* PROBLEM DESCRIPTION *
Read through the records below and copy each line that uses the word "FilterStageContext".

------------------------------------------------

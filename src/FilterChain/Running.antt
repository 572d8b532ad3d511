-- ===== src/FilterChain/Running.antt =====
-- orchestration/filter_chain.py, `FactoryFilterChainService`: one stage, the loop over the stages, and
-- `run` and `reopen`.
use quant_factory.FilterChain.Handoffs.{read_handoff}
use quant_factory.FilterChain.Checking.{validate_persisted_reference}
use quant_factory.FilterChain.Reserving.{invoke_stage, stage_reference, reserve_stage_run}
use quant_factory.Python.Text.{is_empty, strip}
use quant_factory.Python.Text.{append}
use quant_factory.FilterChain.{
  ready_for_protected_test, validation_stage_order, stopped, handoff_run_id, screened_out,
  GateResult, FilterChainOutcome, FilterStageContext, FilterStageHandoff, previous_run_id,
  PersistedStageReference, StageAdapter, SourceLock, Surroundings,
}
use quant_factory.Prelude.{
  keep, Bool, true, false, ◌&&◌, not, Option, none, some, List, [], ◌∷◌, ◌++◌, String, string_eq,
  ◌==◌, if◌then◌else◌, any,
}
use quant_factory.Python.{
  assertion_error, replay_incomplete, Result, ok, err, key_error, value_error, raise_unless,
  or_raise,
}
use quant_factory.Python.Exec.{Exec, pure, lift, gets, ◌>>=◌, ◌>>◌}
use quant_factory.Python.Json.{Codec}
use quant_factory.Persistence.{
  RunStage, is_stage, stage_value, is_succeeded, ParameterResultRecord, Database,
}
use quant_factory.Persistence.Runs.{get_run}

-- `Mapping[RunStage, StageAdapter] | None`: no mapping at all reopens the chain.
abbrev pub Adapters : Type 0
Adapters = RunStage → Option StageAdapter

-- The handoff of a stage, with the lock that the OOS stage reads.
pub record StageResult : Type 0 where
  pub reference : PersistedStageReference
  pub handoff : FilterStageHandoff
  pub lock : Option SourceLock

abbrev pub is_supplied : Option StageAdapter → Bool
is_supplied none = false
is_supplied (some a) = true

-- `_require_complete_adapters`
abbrev pub is_complete : Adapters → Bool
is_complete adapters =
    is_supplied (adapters RunStage.oos)
    && is_supplied (adapters RunStage.walk_forward)
    && is_supplied (adapters RunStage.robustness)
    && is_supplied (adapters RunStage.monte_carlo)
    && not (is_supplied (adapters RunStage.fixture))
    && not (is_supplied (adapters RunStage.screening))

abbrev or_default : String → List String → List String
or_default reason [] = reason ∷ []
or_default reason reasons = reasons

-- `by_stage[stage]`, where a later reference overwrites an earlier one
abbrev pub run_of_stage : RunStage → List PersistedStageReference → Option String
run_of_stage stage [] = none
run_of_stage stage (r ∷ rest) = elim (run_of_stage stage rest) [
  | some run_id ↦ some run_id
  | none ↦ if is_stage r.stage stage then some r.run_id else none
]

abbrev pub later_lock : Option SourceLock → Option SourceLock → Option SourceLock
later_lock old none = old
later_lock old (some lock) = some lock

-- the stripped reasons that are not empty
abbrev rejection_reasons : List ParameterResultRecord → List String
rejection_reasons [] = []
rejection_reasons (row ∷ rows) =
    let rest = rejection_reasons rows in
    let reason = strip row.rejection_reasons in if is_empty reason then rest else reason ∷ rest

module _ (codec : Codec) (world : Surroundings) where
  -- The adapter runs only when this call has reserved the run.
  unfoldable pub reserve_and_invoke :
      Adapters
      → FilterStageContext
      → (source_run_id : String) → Exec Database PersistedStageReference
  reserve_and_invoke adapters context source_run_id = do
    reserved ←
        reserve_stage_run codec world context.screening_run_id context.stage context.run_id
          source_run_id
    if reserved
        then (do
          adapter ← lift (or_raise (adapters context.stage) key_error)
          invoke_stage codec world adapter context)
        else pure (stage_reference context.stage context.run_id)

  unfoldable pub obtain_reference :
      Option Adapters
      → FilterStageContext
      → (source_run_id : String) → Exec Database PersistedStageReference
  obtain_reference none context source_run_id db = elim (get_run db context.run_id) [
    | none ↦ (err replay_incomplete, db)
    | some existing ↦ elim (is_succeeded existing.status) [
      | true ↦ (ok (stage_reference context.stage context.run_id), db)
      | false ↦ (err replay_incomplete, db)
    ]
  ]
  obtain_reference (some adapters) context source_run_id db = elim (get_run db context.run_id) [
    | some existing ↦ (ok (stage_reference context.stage context.run_id), db)
    | none ↦ reserve_and_invoke adapters context source_run_id db
  ]

  abbrev pub context_of : String → List PersistedStageReference → RunStage → FilterStageContext
  context_of screening_run_id references stage = record {
    screening_run_id = screening_run_id;
    stage = stage;
    run_id =
        handoff_run_id codec screening_run_id (previous_run_id screening_run_id references) stage;
    previous = references;
  }

  -- The body of the loop, up to the decision.
  unfoldable pub run_stage :
      Option Adapters → String → List PersistedStageReference → RunStage → Exec Database StageResult
  run_stage adapters screening_run_id references stage = do
    let context = context_of screening_run_id references stage
    let source = previous_run_id screening_run_id references
    reference ← obtain_reference adapters context source
    db ← gets (λ db. db)
    lift (
        validate_persisted_reference codec screening_run_id stage source context.run_id reference
          db)
    read ← lift (read_handoff codec world stage reference.run_id db)
    pure (record { reference = reference; handoff = read.0; lock = read.1 })

  abbrev pub stopped_outcome :
      String → List FilterStageHandoff → FilterStageHandoff → FilterChainOutcome
  stopped_outcome screening_run_id completed handoff = record {
    status = stopped;
    screening_run_id = screening_run_id;
    completed = completed;
    stopped_at = some (stage_value handoff.stage);
    reasons =
        or_default (append (stage_value handoff.stage) " did not qualify for the next filter.")
          handoff.reasons;
    protected_test_gate = none;
  }

  abbrev pub gated_outcome : String → List FilterStageHandoff → GateResult → FilterChainOutcome
  gated_outcome screening_run_id completed gate =
      if gate.eligible_to_execute_lockbox
      then record {
        status = ready_for_protected_test;
        screening_run_id = screening_run_id;
        completed = completed;
        stopped_at = none;
        reasons = "Protected test remains locked until separate authority is granted." ∷ [];
        protected_test_gate = some gate;
      }
      else record {
        status = stopped;
        screening_run_id = screening_run_id;
        completed = completed;
        stopped_at = some "protected_test_gate";
        reasons = or_default "The protected test prerequisites did not pass." gate.reasons;
        protected_test_gate = some gate;
      }

  -- After the last stage: the prerequisites of the protected test.
  unfoldable pub finish :
      String
      → List PersistedStageReference
      → List FilterStageHandoff
      → Option SourceLock
      → Exec Database FilterChainOutcome
  finish screening_run_id references completed source_lock = do
    lock ← lift (or_raise source_lock assertion_error)
    walk_forward ← lift (or_raise (run_of_stage RunStage.walk_forward references) key_error)
    monte_carlo ← lift (or_raise (run_of_stage RunStage.monte_carlo references) key_error)
    robustness ← lift (or_raise (run_of_stage RunStage.robustness references) key_error)
    db ← gets (λ db. db)
    gate ← lift (world.lockbox_prerequisites walk_forward monte_carlo robustness lock db)
    pure (gated_outcome screening_run_id completed gate)

  -- `for expected_stage in VALIDATION_STAGE_ORDER`
  unfoldable pub run_stages :
      Option Adapters
      → String
      → List RunStage
      → List PersistedStageReference
      → List FilterStageHandoff
      → Option SourceLock
      → Exec Database FilterChainOutcome
  run_stages adapters screening_run_id [] references completed source_lock =
      finish screening_run_id references completed source_lock
  run_stages adapters screening_run_id (stage ∷ stages) references completed source_lock = do
    result ← run_stage adapters screening_run_id references stage
    elim result.handoff.eligible_to_progress [
      | true ↦
          run_stages adapters screening_run_id stages (references ++ result.reference ∷ [])
            (completed ++ result.handoff ∷ []) (later_lock source_lock result.lock)
      | false ↦
          pure (stopped_outcome screening_run_id (completed ++ result.handoff ∷ []) result.handoff)
    ]

  abbrev pub list_parameter_results : String → Database → List ParameterResultRecord
  list_parameter_results run_id db = keep (λ row. row.run_id == run_id) db.parameter_results

  abbrev pub screened_outcome : String → List ParameterResultRecord → FilterChainOutcome
  screened_outcome screening_run_id rows = record {
    status = screened_out;
    screening_run_id = screening_run_id;
    completed = [];
    stopped_at = some (stage_value RunStage.screening);
    reasons =
        or_default "No screening result qualified for later filters." (rejection_reasons rows);
    protected_test_gate = none;
  }

  abbrev require_complete : Option Adapters → Result (Unit {0})
  require_complete none = ok tt
  require_complete (some adapters) = raise_unless (is_complete adapters) value_error

  abbrev pub has_rows : List ParameterResultRecord → Bool
  has_rows [] = false
  has_rows (row ∷ rows) = true

  -- `_run`
  unfoldable pub run_chain : Option Adapters → String → Exec Database FilterChainOutcome
  run_chain adapters screening_run_id = do
    db ← gets (λ db. db)
    screening ← lift (or_raise (get_run db screening_run_id) key_error)
    lift (raise_unless (is_stage screening.stage RunStage.screening) value_error)
    lift (raise_unless (is_succeeded screening.status) value_error)
    lift (raise_unless (has_rows (list_parameter_results screening_run_id db)) value_error)
    if any (λ row. row.screening_status == "passed") (list_parameter_results screening_run_id db)
        then (do
          lift (require_complete adapters)
          run_stages adapters screening_run_id validation_stage_order [] [] none)
        else pure (screened_outcome screening_run_id (list_parameter_results screening_run_id db))

  unfoldable pub run : String → Adapters → Exec Database FilterChainOutcome
  run screening_run_id stage_adapters = run_chain (some stage_adapters) screening_run_id

  unfoldable pub reopen : String → Exec Database FilterChainOutcome
  reopen screening_run_id = run_chain none screening_run_id
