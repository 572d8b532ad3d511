-- ===== src/Persistence/Submissions.antt =====
-- persistence/repositories.py, `ResearchRunSubmissionRepository`: the durable submission rows. Each
-- `set_...` is one UPDATE, guarded by the state that it leaves.
use quant_factory.Prelude.{
  Bool, true, false, ◌&&◌, ◌||◌, Option, none, some, [], ◌∷◌, ◌++◌, String, any, string_eq,
  option_eq, ◌==◌, ◌!=◌, if◌then◌else◌,
}
use quant_factory.Python.{ok, err, sqlite_integrity}
use quant_factory.Python.Exec.{Exec}
use quant_factory.Persistence.{
  claimed, invoking, acknowledged, submission_unknown, failed_before_submission, abandoned,
  ResearchRunSubmissionRecord, Database,
}
use quant_factory.Persistence.Tables.{get, update, is_updated, find}
use quant_factory.Persistence.Runs.{or_else}

abbrev pub submission_key : ResearchRunSubmissionRecord → String
submission_key s = s.idempotency_key

unfoldable pub get_submission : Database → String → Option ResearchRunSubmissionRecord
get_submission db key = get submission_key key db.submissions

unfoldable pub get_for_run : Database → String → Option ResearchRunSubmissionRecord
get_for_run db run_id = find (λ s. s.run_id == run_id) db.submissions

abbrev pub is_taken : Database → String → String → Bool
is_taken db key run_id =
    any (λ s. (s.idempotency_key == key) || (s.run_id == run_id)) db.submissions

-- The INSERT refuses a taken key (PRIMARY KEY) and a taken run (UNIQUE).
unfoldable pub create_submission :
    (idempotency_key run_id configuration_id canonical_request_json request_fingerprint
      claimed_at : String)
    → Exec Database ResearchRunSubmissionRecord
create_submission idempotency_key run_id configuration_id canonical_request_json request_fingerprint
      claimed_at db =
    if is_taken db idempotency_key run_id
    then (err sqlite_integrity, db)
    else let row : ResearchRunSubmissionRecord = record {
      idempotency_key = idempotency_key;
      run_id = run_id;
      configuration_id = configuration_id;
      canonical_request_json = canonical_request_json;
      request_fingerprint = request_fingerprint;
      state = claimed;
      dispatcher_instance_id = none;
      prefect_flow_run_id = none;
      prefect_api_url = none;
      claimed_at = claimed_at;
      invocation_started_at = none;
      acknowledged_at = none;
      unknown_at = none;
      unknown_evidence_reference = none;
      resolved_at = none;
      resolution_evidence_reference = none;
      updated_at = claimed_at;
      error_summary = none;
    } in
      (ok row, record db { submissions = db.submissions ++ row ∷ [] })

abbrev pub is_claimed : ResearchRunSubmissionRecord → Bool
is_claimed s = elim s.state [ claimed ↦ true | _ ↦ false ]

abbrev pub is_invoking : ResearchRunSubmissionRecord → Bool
is_invoking s = elim s.state [ invoking ↦ true | _ ↦ false ]

abbrev pub is_acknowledged : ResearchRunSubmissionRecord → Bool
is_acknowledged s = elim s.state [ acknowledged ↦ true | _ ↦ false ]

abbrev pub is_unknown : ResearchRunSubmissionRecord → Bool
is_unknown s = elim s.state [ submission_unknown ↦ true | _ ↦ false ]

abbrev pub is_failed_before : ResearchRunSubmissionRecord → Bool
is_failed_before s = elim s.state [ failed_before_submission ↦ true | _ ↦ false ]

abbrev pub is_abandoned : ResearchRunSubmissionRecord → Bool
is_abandoned s = elim s.state [ abandoned ↦ true | _ ↦ false ]

abbrev pub may_acknowledge : ResearchRunSubmissionRecord → Bool
may_acknowledge s = elim s.state [ invoking ↦ true | submission_unknown ↦ true | _ ↦ false ]

-- One guarded UPDATE and whether it met its row.
abbrev set_where :
    (ResearchRunSubmissionRecord → Bool)
    → (ResearchRunSubmissionRecord → ResearchRunSubmissionRecord)
    → (key : String) → Exec Database Bool
set_where q f key db = (
  ok (is_updated submission_key key q db.submissions),
  record db { submissions = update submission_key key q f db.submissions },
)

abbrev pub to_invoking :
    (dispatcher now : String) → ResearchRunSubmissionRecord → ResearchRunSubmissionRecord
to_invoking dispatcher now s = record s {
  state = invoking;
  dispatcher_instance_id = some dispatcher;
  invocation_started_at = some now;
  updated_at = now;
}

unfoldable pub set_invoking : (key dispatcher now : String) → Exec Database Bool
set_invoking key dispatcher now = set_where is_claimed (to_invoking dispatcher now) key

abbrev pub to_unknown :
    (now error_summary : String)
    → Option String
    → ResearchRunSubmissionRecord
    → ResearchRunSubmissionRecord
to_unknown now error_summary evidence s = record s {
  state = submission_unknown;
  unknown_at = some now;
  updated_at = now;
  error_summary = some error_summary;
  unknown_evidence_reference = or_else evidence s.unknown_evidence_reference;
}

unfoldable pub set_unknown : (key now error_summary : String) → Option String → Exec Database Bool
set_unknown key now error_summary evidence =
    set_where is_invoking (to_unknown now error_summary evidence) key

abbrev pub to_acknowledged :
    (flow_run : String)
    → Option String
    → (now : String) → ResearchRunSubmissionRecord
    → ResearchRunSubmissionRecord
to_acknowledged flow_run api_url now s = record s {
  state = acknowledged;
  prefect_flow_run_id = some flow_run;
  prefect_api_url = api_url;
  acknowledged_at = some now;
  updated_at = now;
  error_summary = none;
}

-- another row already has this Prefect identity
abbrev pub has_duplicate_prefect : Database → (key flow_run : String) → Bool
has_duplicate_prefect db key flow_run =
    any (λ s. (s.prefect_flow_run_id == some flow_run) && (s.idempotency_key != key)) db.submissions

unfoldable pub set_acknowledged :
    (key flow_run : String) → Option String → (now : String) → Exec Database Bool
set_acknowledged key flow_run api_url now db =
    if has_duplicate_prefect db key flow_run
      && is_updated submission_key key may_acknowledge db.submissions
    then (err sqlite_integrity, db)
    else set_where may_acknowledge (to_acknowledged flow_run api_url now) key db

abbrev pub to_failed_before :
    (now error_summary : String) → ResearchRunSubmissionRecord → ResearchRunSubmissionRecord
to_failed_before now error_summary s = record s {
  state = failed_before_submission;
  resolved_at = some now;
  updated_at = now;
  error_summary = some error_summary;
}

unfoldable pub set_failed_before_submission : (key now error_summary : String) → Exec Database Bool
set_failed_before_submission key now error_summary =
    set_where is_claimed (to_failed_before now error_summary) key

abbrev pub to_abandoned :
    (now error_summary evidence : String)
    → ResearchRunSubmissionRecord
    → ResearchRunSubmissionRecord
to_abandoned now error_summary evidence s = record s {
  state = abandoned;
  resolved_at = some now;
  updated_at = now;
  error_summary = some error_summary;
  resolution_evidence_reference = some evidence;
}

unfoldable pub set_abandoned : (key now error_summary evidence : String) → Exec Database Bool
set_abandoned key now error_summary evidence =
    set_where is_unknown (to_abandoned now error_summary evidence) key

------------------------------------------------

* ANSWER TO THIS PROBLEM *
  GateResult, FilterChainOutcome, FilterStageContext, FilterStageHandoff, previous_run_id,
      → FilterStageContext
      → FilterStageContext
  abbrev pub context_of : String → List PersistedStageReference → RunStage → FilterStageContext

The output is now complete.